-- Opening Marker --
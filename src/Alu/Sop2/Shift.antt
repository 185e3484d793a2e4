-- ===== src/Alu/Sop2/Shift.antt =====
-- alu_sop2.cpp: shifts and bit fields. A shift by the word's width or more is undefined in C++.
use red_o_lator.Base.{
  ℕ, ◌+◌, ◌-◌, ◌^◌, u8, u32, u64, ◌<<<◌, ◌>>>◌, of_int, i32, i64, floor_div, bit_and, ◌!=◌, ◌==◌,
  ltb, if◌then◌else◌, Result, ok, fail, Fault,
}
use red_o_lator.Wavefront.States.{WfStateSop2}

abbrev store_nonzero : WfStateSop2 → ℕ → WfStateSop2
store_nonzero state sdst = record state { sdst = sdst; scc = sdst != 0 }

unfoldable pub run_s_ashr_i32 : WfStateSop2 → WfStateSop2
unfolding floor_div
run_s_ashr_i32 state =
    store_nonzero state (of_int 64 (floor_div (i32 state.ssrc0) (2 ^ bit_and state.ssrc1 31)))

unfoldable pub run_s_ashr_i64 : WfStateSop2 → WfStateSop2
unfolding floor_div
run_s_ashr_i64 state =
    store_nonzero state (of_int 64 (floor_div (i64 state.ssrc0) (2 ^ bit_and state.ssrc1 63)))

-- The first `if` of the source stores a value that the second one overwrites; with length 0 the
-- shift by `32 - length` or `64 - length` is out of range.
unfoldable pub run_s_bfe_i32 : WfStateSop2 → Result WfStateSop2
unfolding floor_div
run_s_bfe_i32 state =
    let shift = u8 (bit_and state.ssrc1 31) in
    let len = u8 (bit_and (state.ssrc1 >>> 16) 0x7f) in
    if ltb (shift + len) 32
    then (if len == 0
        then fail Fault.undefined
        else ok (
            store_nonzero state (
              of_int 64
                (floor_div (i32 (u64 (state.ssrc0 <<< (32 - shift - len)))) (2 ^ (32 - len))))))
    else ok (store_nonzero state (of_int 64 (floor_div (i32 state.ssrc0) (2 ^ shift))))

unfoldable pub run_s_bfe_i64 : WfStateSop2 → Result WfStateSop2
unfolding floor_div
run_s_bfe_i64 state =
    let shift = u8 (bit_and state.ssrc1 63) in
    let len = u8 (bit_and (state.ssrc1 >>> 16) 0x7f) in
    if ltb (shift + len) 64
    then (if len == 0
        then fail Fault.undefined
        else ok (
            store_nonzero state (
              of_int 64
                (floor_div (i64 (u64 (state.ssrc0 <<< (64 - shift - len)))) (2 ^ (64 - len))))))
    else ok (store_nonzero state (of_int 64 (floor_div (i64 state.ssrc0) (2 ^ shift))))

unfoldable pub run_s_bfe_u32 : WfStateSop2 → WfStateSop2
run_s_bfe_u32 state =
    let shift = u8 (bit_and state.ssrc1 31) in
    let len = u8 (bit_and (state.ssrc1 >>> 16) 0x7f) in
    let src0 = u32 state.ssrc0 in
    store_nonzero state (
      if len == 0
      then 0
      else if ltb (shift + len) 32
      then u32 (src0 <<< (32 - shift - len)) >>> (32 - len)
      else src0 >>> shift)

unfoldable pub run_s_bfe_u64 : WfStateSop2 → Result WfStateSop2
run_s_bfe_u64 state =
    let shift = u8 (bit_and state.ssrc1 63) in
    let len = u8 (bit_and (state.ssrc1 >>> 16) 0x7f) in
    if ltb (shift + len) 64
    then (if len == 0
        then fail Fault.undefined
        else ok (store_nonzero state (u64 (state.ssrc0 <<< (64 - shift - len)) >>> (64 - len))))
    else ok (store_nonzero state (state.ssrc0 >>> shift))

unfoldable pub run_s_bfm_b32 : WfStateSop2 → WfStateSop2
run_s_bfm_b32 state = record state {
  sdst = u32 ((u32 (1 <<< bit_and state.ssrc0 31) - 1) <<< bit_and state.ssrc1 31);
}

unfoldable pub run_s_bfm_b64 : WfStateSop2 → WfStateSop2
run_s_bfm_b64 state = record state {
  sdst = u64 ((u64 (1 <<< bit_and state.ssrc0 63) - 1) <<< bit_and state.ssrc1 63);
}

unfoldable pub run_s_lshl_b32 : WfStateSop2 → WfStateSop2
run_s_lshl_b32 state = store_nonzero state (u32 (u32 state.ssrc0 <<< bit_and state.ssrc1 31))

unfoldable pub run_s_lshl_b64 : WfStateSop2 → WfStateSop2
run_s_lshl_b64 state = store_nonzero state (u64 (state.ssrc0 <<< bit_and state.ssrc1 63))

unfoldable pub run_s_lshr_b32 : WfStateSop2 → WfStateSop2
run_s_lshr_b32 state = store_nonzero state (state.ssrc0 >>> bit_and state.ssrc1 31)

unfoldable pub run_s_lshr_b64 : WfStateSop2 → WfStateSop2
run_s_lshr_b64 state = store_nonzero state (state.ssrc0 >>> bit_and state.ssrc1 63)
-- Closing Marker --
-- Opening Marker --
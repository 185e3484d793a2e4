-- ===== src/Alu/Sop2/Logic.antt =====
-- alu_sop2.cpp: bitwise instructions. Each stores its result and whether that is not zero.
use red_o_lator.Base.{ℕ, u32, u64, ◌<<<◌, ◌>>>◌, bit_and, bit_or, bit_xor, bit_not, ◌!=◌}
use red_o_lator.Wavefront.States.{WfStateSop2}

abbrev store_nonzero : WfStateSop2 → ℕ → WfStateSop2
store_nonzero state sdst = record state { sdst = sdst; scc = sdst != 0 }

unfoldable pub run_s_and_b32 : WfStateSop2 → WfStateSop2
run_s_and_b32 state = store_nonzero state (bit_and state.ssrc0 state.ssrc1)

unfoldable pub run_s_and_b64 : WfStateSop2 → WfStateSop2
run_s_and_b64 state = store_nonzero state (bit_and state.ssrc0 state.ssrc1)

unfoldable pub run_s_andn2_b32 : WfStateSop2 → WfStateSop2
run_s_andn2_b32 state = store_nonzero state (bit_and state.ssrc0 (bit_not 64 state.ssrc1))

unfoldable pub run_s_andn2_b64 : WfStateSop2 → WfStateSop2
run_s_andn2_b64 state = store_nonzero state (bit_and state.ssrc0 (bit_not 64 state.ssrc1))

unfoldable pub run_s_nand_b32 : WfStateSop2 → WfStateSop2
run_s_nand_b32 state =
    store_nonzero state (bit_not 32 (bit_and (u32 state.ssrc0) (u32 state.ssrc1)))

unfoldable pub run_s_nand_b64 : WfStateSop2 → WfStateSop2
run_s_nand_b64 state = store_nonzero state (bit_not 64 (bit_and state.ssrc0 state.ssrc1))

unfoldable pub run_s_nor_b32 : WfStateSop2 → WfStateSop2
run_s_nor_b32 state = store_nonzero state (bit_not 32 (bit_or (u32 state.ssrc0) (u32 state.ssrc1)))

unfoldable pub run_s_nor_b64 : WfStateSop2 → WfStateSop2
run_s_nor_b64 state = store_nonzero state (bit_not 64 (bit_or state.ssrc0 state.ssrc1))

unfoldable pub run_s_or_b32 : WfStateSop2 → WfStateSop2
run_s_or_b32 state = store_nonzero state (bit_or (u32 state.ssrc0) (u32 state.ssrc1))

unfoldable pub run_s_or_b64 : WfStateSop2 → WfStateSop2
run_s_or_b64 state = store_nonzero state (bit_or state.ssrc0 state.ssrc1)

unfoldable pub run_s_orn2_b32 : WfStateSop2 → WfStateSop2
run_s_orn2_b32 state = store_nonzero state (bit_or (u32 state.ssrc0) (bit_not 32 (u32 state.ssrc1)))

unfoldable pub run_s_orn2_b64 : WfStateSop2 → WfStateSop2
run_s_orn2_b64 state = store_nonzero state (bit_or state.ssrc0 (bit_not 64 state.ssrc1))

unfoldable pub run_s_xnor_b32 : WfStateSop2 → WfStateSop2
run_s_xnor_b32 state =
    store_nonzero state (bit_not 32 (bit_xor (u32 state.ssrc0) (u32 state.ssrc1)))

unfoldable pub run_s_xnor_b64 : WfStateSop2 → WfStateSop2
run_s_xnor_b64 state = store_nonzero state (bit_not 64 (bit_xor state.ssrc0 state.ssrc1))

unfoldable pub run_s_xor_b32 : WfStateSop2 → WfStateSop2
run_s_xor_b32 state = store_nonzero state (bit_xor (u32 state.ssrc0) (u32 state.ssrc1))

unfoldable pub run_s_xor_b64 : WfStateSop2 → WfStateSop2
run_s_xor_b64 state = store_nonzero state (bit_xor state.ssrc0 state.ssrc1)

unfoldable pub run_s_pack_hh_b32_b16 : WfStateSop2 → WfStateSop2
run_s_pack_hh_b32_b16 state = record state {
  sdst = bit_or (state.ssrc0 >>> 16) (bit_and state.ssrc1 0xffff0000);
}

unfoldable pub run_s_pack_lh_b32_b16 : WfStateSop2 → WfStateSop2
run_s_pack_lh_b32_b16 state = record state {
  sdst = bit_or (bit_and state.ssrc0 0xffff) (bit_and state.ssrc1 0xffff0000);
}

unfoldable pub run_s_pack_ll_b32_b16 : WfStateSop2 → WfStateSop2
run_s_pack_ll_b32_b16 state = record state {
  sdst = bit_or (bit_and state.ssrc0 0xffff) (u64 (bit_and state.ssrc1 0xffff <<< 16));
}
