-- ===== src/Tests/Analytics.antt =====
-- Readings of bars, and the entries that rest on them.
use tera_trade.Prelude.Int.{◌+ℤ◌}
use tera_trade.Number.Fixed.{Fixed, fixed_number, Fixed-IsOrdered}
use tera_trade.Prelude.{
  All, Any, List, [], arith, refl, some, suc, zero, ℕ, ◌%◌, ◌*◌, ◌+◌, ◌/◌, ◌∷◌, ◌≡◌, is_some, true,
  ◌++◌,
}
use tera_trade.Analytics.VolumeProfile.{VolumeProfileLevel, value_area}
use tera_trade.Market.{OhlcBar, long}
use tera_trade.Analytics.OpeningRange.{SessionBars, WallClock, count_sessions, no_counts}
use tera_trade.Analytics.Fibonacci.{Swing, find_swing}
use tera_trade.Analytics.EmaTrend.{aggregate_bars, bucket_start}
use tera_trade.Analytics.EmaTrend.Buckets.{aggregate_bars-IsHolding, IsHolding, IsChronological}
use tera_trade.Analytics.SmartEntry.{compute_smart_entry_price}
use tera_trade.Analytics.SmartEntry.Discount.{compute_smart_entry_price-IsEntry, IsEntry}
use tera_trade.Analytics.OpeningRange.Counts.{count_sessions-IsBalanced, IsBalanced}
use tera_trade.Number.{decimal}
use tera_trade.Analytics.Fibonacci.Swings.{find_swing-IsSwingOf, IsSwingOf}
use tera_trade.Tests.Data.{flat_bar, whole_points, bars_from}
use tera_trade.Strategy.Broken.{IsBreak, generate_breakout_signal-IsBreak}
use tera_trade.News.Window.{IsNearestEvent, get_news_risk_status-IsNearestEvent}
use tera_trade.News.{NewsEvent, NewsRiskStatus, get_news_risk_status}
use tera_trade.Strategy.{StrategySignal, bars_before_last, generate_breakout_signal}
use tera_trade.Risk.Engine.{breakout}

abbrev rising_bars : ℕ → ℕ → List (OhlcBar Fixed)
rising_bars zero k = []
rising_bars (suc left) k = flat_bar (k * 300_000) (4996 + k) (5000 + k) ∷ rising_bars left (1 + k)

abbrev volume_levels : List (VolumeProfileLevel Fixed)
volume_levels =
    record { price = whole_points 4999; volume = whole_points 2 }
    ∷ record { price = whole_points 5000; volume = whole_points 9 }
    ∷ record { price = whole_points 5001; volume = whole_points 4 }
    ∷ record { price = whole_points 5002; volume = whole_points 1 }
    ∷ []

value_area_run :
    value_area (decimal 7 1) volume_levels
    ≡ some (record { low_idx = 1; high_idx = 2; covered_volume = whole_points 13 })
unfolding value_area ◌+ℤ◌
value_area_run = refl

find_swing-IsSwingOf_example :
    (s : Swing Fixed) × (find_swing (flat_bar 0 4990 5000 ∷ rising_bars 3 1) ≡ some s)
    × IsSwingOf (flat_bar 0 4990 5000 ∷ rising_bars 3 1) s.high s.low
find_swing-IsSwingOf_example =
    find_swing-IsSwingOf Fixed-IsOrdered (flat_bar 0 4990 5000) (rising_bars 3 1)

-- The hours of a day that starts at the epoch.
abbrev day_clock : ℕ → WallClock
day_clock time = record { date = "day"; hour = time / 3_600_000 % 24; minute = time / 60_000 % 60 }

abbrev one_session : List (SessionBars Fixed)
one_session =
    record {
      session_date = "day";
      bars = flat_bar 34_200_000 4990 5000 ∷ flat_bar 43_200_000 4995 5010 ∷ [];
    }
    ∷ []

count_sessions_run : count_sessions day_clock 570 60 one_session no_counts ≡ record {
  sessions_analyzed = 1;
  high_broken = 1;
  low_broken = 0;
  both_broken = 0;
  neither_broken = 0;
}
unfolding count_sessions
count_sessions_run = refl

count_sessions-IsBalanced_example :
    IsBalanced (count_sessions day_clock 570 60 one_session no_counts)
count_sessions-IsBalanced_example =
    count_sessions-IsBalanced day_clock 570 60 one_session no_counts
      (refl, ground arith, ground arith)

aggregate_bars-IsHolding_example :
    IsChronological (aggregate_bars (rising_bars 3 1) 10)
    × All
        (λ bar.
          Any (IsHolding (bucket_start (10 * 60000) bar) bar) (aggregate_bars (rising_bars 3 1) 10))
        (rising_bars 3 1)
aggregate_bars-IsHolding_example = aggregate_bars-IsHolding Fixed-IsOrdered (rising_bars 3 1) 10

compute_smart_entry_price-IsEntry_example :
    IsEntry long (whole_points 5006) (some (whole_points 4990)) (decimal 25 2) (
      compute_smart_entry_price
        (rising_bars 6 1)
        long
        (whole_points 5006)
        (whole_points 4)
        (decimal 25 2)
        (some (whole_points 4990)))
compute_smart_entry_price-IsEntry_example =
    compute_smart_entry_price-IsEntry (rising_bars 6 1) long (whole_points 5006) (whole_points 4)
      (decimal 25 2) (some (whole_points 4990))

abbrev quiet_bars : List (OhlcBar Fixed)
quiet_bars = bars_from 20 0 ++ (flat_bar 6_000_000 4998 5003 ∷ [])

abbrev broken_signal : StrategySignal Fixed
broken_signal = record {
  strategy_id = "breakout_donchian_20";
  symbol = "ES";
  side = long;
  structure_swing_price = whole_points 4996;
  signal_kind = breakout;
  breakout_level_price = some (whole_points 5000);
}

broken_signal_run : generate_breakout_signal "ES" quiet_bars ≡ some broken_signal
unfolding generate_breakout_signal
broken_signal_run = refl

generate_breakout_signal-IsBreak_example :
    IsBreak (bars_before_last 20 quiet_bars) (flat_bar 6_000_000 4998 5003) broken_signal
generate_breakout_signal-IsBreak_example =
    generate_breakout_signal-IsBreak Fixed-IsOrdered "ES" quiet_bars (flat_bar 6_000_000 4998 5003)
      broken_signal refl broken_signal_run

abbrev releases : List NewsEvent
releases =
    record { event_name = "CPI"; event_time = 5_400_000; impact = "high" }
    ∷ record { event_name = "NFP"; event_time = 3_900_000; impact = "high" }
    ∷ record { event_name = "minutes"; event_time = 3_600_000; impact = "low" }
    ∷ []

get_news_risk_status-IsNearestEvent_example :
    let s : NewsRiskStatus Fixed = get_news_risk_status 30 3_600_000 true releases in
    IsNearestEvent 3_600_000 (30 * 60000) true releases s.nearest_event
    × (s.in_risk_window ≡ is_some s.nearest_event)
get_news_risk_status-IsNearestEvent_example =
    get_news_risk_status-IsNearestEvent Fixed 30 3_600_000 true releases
-- Closing Marker --
-- Opening Marker --
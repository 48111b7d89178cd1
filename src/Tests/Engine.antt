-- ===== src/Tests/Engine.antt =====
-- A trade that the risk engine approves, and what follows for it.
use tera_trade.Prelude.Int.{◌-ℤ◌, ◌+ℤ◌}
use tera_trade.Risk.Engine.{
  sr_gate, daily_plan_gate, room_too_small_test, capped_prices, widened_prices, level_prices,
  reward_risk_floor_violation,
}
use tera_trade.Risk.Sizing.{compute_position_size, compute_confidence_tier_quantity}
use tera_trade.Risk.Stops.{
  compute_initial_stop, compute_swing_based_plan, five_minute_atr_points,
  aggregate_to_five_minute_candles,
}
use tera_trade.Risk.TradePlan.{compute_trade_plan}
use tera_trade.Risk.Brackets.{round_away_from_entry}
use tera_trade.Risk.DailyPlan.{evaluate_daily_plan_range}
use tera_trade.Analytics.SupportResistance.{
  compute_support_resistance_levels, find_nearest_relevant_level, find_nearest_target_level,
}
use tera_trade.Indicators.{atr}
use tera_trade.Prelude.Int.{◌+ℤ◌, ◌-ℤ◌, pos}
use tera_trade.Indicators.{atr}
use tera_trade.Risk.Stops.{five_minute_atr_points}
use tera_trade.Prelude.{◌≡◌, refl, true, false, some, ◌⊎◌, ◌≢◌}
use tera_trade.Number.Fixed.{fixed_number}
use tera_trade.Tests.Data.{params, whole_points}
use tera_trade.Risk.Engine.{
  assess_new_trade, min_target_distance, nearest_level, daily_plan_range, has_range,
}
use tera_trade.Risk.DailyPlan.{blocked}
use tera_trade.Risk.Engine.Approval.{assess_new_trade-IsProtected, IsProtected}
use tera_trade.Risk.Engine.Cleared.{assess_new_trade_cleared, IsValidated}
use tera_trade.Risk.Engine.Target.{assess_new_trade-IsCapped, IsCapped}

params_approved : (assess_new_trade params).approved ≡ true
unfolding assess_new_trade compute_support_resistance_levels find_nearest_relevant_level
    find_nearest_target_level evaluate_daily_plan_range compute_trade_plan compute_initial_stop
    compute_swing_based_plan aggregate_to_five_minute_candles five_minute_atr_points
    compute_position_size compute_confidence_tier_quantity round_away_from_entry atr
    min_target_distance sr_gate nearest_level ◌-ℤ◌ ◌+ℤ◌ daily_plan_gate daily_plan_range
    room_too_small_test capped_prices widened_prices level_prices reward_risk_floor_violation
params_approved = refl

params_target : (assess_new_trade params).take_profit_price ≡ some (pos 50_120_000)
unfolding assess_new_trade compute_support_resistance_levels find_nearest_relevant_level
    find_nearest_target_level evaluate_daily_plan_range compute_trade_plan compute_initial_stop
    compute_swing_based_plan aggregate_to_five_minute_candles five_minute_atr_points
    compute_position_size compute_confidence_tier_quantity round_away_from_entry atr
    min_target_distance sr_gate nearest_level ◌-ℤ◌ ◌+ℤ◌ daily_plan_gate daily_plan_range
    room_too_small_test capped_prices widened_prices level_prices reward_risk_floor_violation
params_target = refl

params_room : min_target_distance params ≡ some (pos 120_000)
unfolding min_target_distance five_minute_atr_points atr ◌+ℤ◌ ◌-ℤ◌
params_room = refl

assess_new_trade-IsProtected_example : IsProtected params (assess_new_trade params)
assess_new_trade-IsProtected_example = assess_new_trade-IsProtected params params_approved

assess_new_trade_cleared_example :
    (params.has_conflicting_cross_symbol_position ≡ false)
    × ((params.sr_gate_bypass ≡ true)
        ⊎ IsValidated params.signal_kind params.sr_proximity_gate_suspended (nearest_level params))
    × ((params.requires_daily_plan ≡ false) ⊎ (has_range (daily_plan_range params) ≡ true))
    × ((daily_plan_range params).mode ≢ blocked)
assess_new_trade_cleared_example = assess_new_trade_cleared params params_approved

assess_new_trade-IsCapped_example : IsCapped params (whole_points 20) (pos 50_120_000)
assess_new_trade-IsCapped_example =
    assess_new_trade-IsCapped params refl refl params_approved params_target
-- Closing Marker --
Task details – Only those lines of the entries above that run from the line containing "filename src/Alu/Sop2/Shift.antt" to the line containing "bit_and state.ssrc1 63)))", both included, should be transcribed exactly.

Result for this task –
filename src/Alu/Sop2/Shift.antt
repository 185e3484d793a2e4
-- ===== src/Alu/Sop2/Shift.antt =====
-- alu_sop2.cpp: shifts and bit fields. A shift by the word's width or more is undefined in C++.
use red_o_lator.Base.{
  ℕ, ◌+◌, ◌-◌, ◌^◌, u8, u32, u64, ◌<<<◌, ◌>>>◌, of_int, i32, i64, floor_div, bit_and, ◌!=◌, ◌==◌,
  ltb, if◌then◌else◌, Result, ok, fail, Fault,
}
use red_o_lator.Wavefront.States.{WfStateSop2}

abbrev store_nonzero : WfStateSop2 → ℕ → WfStateSop2
store_nonzero state sdst = record state { sdst = sdst; scc = sdst != 0 }

unfoldable pub run_s_ashr_i32 : WfStateSop2 → WfStateSop2
unfolding floor_div
run_s_ashr_i32 state =
    store_nonzero state (of_int 64 (floor_div (i32 state.ssrc0) (2 ^ bit_and state.ssrc1 31)))

unfoldable pub run_s_ashr_i64 : WfStateSop2 → WfStateSop2
unfolding floor_div
run_s_ashr_i64 state =
    store_nonzero state (of_int 64 (floor_div (i64 state.ssrc0) (2 ^ bit_and state.ssrc1 63)))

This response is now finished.